Similarly, when two sets of three trigonally-oriented spheres are in close-packed contact, they will be oriented 60 apart and the centers of the spheres will define the six corners of an imaginary octahedron centered in the void space between the two layers, so we call these octahedral holes or six-coordinate interstitial sites. Octahedral sites are larger than tetrahedral sites.

An octahedron has six corners and eight sides. We usually draw octahedra as a double square pyramid standing on one corner (left), but in order to visualize the octahedral shape in a close-packed lattice, it is better to think of the octahedron as lying on one of its faces (right).

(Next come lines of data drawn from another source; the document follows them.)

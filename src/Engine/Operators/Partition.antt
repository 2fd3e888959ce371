-- ===== src/Engine/Operators/Partition.antt =====
-- src/engine/operators/partition.rs: cutting two sorted columns into groups of equal elements. An
-- index into a vector stands for the suffix that it leaves.
pub mod Groups
use locust_db.Prelude.{
  ℕ, zero, suc, ◌+◌, ◌-◌, ◌%◌, ◌^◌, max, min, List, [], ◌∷◌, length, ltb, Ord, if◌then◌else◌,
}
use locust_db.Engine.Operators.Comparator.{Comparator}

-- src/engine/data_types/vec_data.rs
pub record Premerge : Type 0 where
  pub left : ℕ
  pub right : ℕ

module _ {ℓ} {T : Type ℓ} ⦃o : Ord T⦄ where
  -- `while i < i_max && elem == left[i]`: the count, and the suffix behind
  unfoldable pub take_equal : T → List T → ℕ × List T
  take_equal elem [] = (0, [])
  take_equal elem (x ∷ xs) =
      let (count, rest) = take_equal elem xs in
      if o.eq elem x then (suc count, rest) else (0, x ∷ xs)

  -- The loops over what remains on one side.
  unfoldable pub remaining :
      ℕ → (side : ℕ → Premerge) → List T → (limit min_elems : ℕ) → List Premerge
  unfolding take_equal
  remaining zero side xs limit min_elems = []
  remaining (suc fuel) side [] limit min_elems = []
  remaining (suc fuel) side (x ∷ xs) limit min_elems =
      let (count, rest) = take_equal x (x ∷ xs) in
      let later = remaining fuel side rest limit ((min_elems + count % 2 ^ 32) % 2 ^ 32) in
      if ltb min_elems limit then side (count % 2 ^ 32) ∷ later else []

module _ {ℓ} {T : Type ℓ} ⦃o : Ord T⦄ (C : Comparator T) where
  -- The loop over both sides, then the two loops behind it; every round takes an element, so as much
  -- fuel as there are elements is enough.
  unfoldable pub partition_loop : ℕ → (l r : List T) → (limit min_elems : ℕ) → List Premerge
  unfolding take_equal remaining
  partition_loop zero l r limit min_elems = []
  partition_loop (suc fuel) [] r limit min_elems =
      remaining (suc fuel) (λ n. record { left = 0; right = n }) r limit min_elems
  partition_loop (suc fuel) (x ∷ l) [] limit min_elems =
      remaining (suc fuel) (λ n. record { left = n; right = 0 }) (x ∷ l) limit min_elems
  partition_loop (suc fuel) (x ∷ l) (y ∷ r) limit min_elems =
      let elem = if C.cmp_eq x y then x else y in
      let (lefts, l') = take_equal elem (x ∷ l) in
      let (rights, r') = take_equal elem (y ∷ r) in
      let later =
        partition_loop fuel l' r' limit
          ((min_elems + max (lefts % 2 ^ 32) (rights % 2 ^ 32)) % 2 ^ 32) in
      if ltb min_elems limit
      then record { left = lefts % 2 ^ 32; right = rights % 2 ^ 32 } ∷ later
      else []

  -- `limit` saturates at the greatest u32.
  unfoldable pub partition : (left right : List T) (limit : ℕ) → List Premerge
  unfolding partition_loop
  partition left right limit =
      partition_loop (length left + length right) left right (min limit (2 ^ 32 - 1)) 0
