-- ===== src/Engine/Operators/MergeDeduplicatePartitioned.antt =====
-- src/engine/operators/merge_deduplicate_partitioned.rs: merging the last group column of two
-- batches, within the groups of the columns before it. `i` and `j` stand for the suffixes that they
-- leave, `a` and `b` for `i_max - i` and `j_max - j`; an index out of range, which panics, is `none`.
pub mod PerGroup
use locust_db.Prelude.{
  ℕ, zero, suc, ◌+◌, ◌-◌, ◌%◌, ◌^◌, Bool, true, false, Option, none, some, List, [], ◌∷◌, ◌++◌, Ord,
}
use locust_db.Engine.Operators.MergeDeduplicate.{
  MergeOp, take_left, take_right, merge_right, is_last,
}
use locust_db.Engine.Operators.Partition.{Premerge}

-- The variables of the loops.
pub record Merging {ℓ} (T : Type ℓ) : Type ℓ where
  pub left_rest : List T
  pub right_rest : List T
  pub result : List T
  pub ops : List MergeOp

module _ {ℓ} {T : Type ℓ} ⦃o : Ord T⦄ where
  unfoldable pub group_loop :
      (rounds a b : ℕ) (last : Option T) (l r : List T) (result : List T) (ops : List MergeOp)
      → Option (Merging T)
  unfolding is_last
  group_loop zero a b last l r result ops =
      some (record { left_rest = l; right_rest = r; result = result; ops = ops })
  -- `j == j_max`
  group_loop (suc rounds) zero zero last l [] result ops = none
  group_loop (suc rounds) zero zero last l (y ∷ r) result ops =
      group_loop rounds zero zero (some y) l r (result ++ y ∷ []) (ops ++ take_right ∷ [])
  group_loop (suc rounds) (suc a) zero last [] r result ops = none
  group_loop (suc rounds) (suc a) zero last (x ∷ l) r result ops =
      group_loop rounds a zero (some x) l r (result ++ x ∷ []) (ops ++ take_left ∷ [])
  -- `j < j_max`
  group_loop (suc rounds) a (suc b) last l [] result ops = none
  group_loop (suc rounds) zero (suc b) last l (y ∷ r) result ops = elim (is_last last y) [
    | true ↦ group_loop rounds zero b last l r result (ops ++ merge_right ∷ [])
    | false ↦ group_loop rounds zero b (some y) l r (result ++ y ∷ []) (ops ++ take_right ∷ [])
  ]
  group_loop (suc rounds) (suc a) (suc b) last [] (y ∷ r) result ops = elim (is_last last y) [
    | true ↦ group_loop rounds (suc a) b last [] r result (ops ++ merge_right ∷ [])
    | false ↦ none
  ]
  group_loop (suc rounds) (suc a) (suc b) last (x ∷ l) (y ∷ r) result ops = elim (is_last last y) [
    | true ↦ group_loop rounds (suc a) b last (x ∷ l) r result (ops ++ merge_right ∷ [])
    | false ↦ elim (o.le x y) [
      | true ↦
          group_loop rounds a (suc b) (some x) l (y ∷ r) (result ++ x ∷ []) (ops ++ take_left ∷ [])
      | false ↦
          group_loop rounds (suc a) b (some y) (x ∷ l) r (result ++ y ∷ []) (ops ++ take_right ∷ [])
    ]
  ]

  -- The loop over the groups; the sum of two u32 wraps.
  unfoldable pub groups_loop :
      (partitioning : List Premerge) (l r : List T) (result : List T) (ops : List MergeOp)
      → Option (List T × List MergeOp)
  unfolding group_loop
  groups_loop [] l r result ops = some (result, ops)
  groups_loop (group ∷ partitioning) l r result ops =
      elim (group_loop ((group.left + group.right) % 2 ^ 32) group.left group.right none l r result
        ops) [
          | none ↦ none
          | some state ↦
              groups_loop partitioning state.left_rest state.right_rest state.result state.ops
        ]

  unfoldable pub merge_deduplicate_partitioned :
      (partitioning : List Premerge) (left right : List T) → Option (List T × List MergeOp)
  unfolding groups_loop
  merge_deduplicate_partitioned partitioning left right = groups_loop partitioning left right [] []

Each sphere in a close-packed lattice is associated with one octahedral site, whereas there are only half as many tetrahedral sites. This can be seen in this diagram that shows the central atom in the B layer in alignment with the hollows in the C and A layers above and below.

 

The face-centered cubic unit cell contains a single octahedral hole within itself, but octahedral holes shared with adjacent cells exist at the centers of each edge.

Each of these twelve edge-located sites is shared with four adjacent cells, and thus contributes (12 × ¼) = 3 atoms to the cell. Added to the single hole contained in the middle of the cell, this makes a total of 4 octahedral sites per unit cell. This is the same as the number we calculated above for the number of atoms in the cell.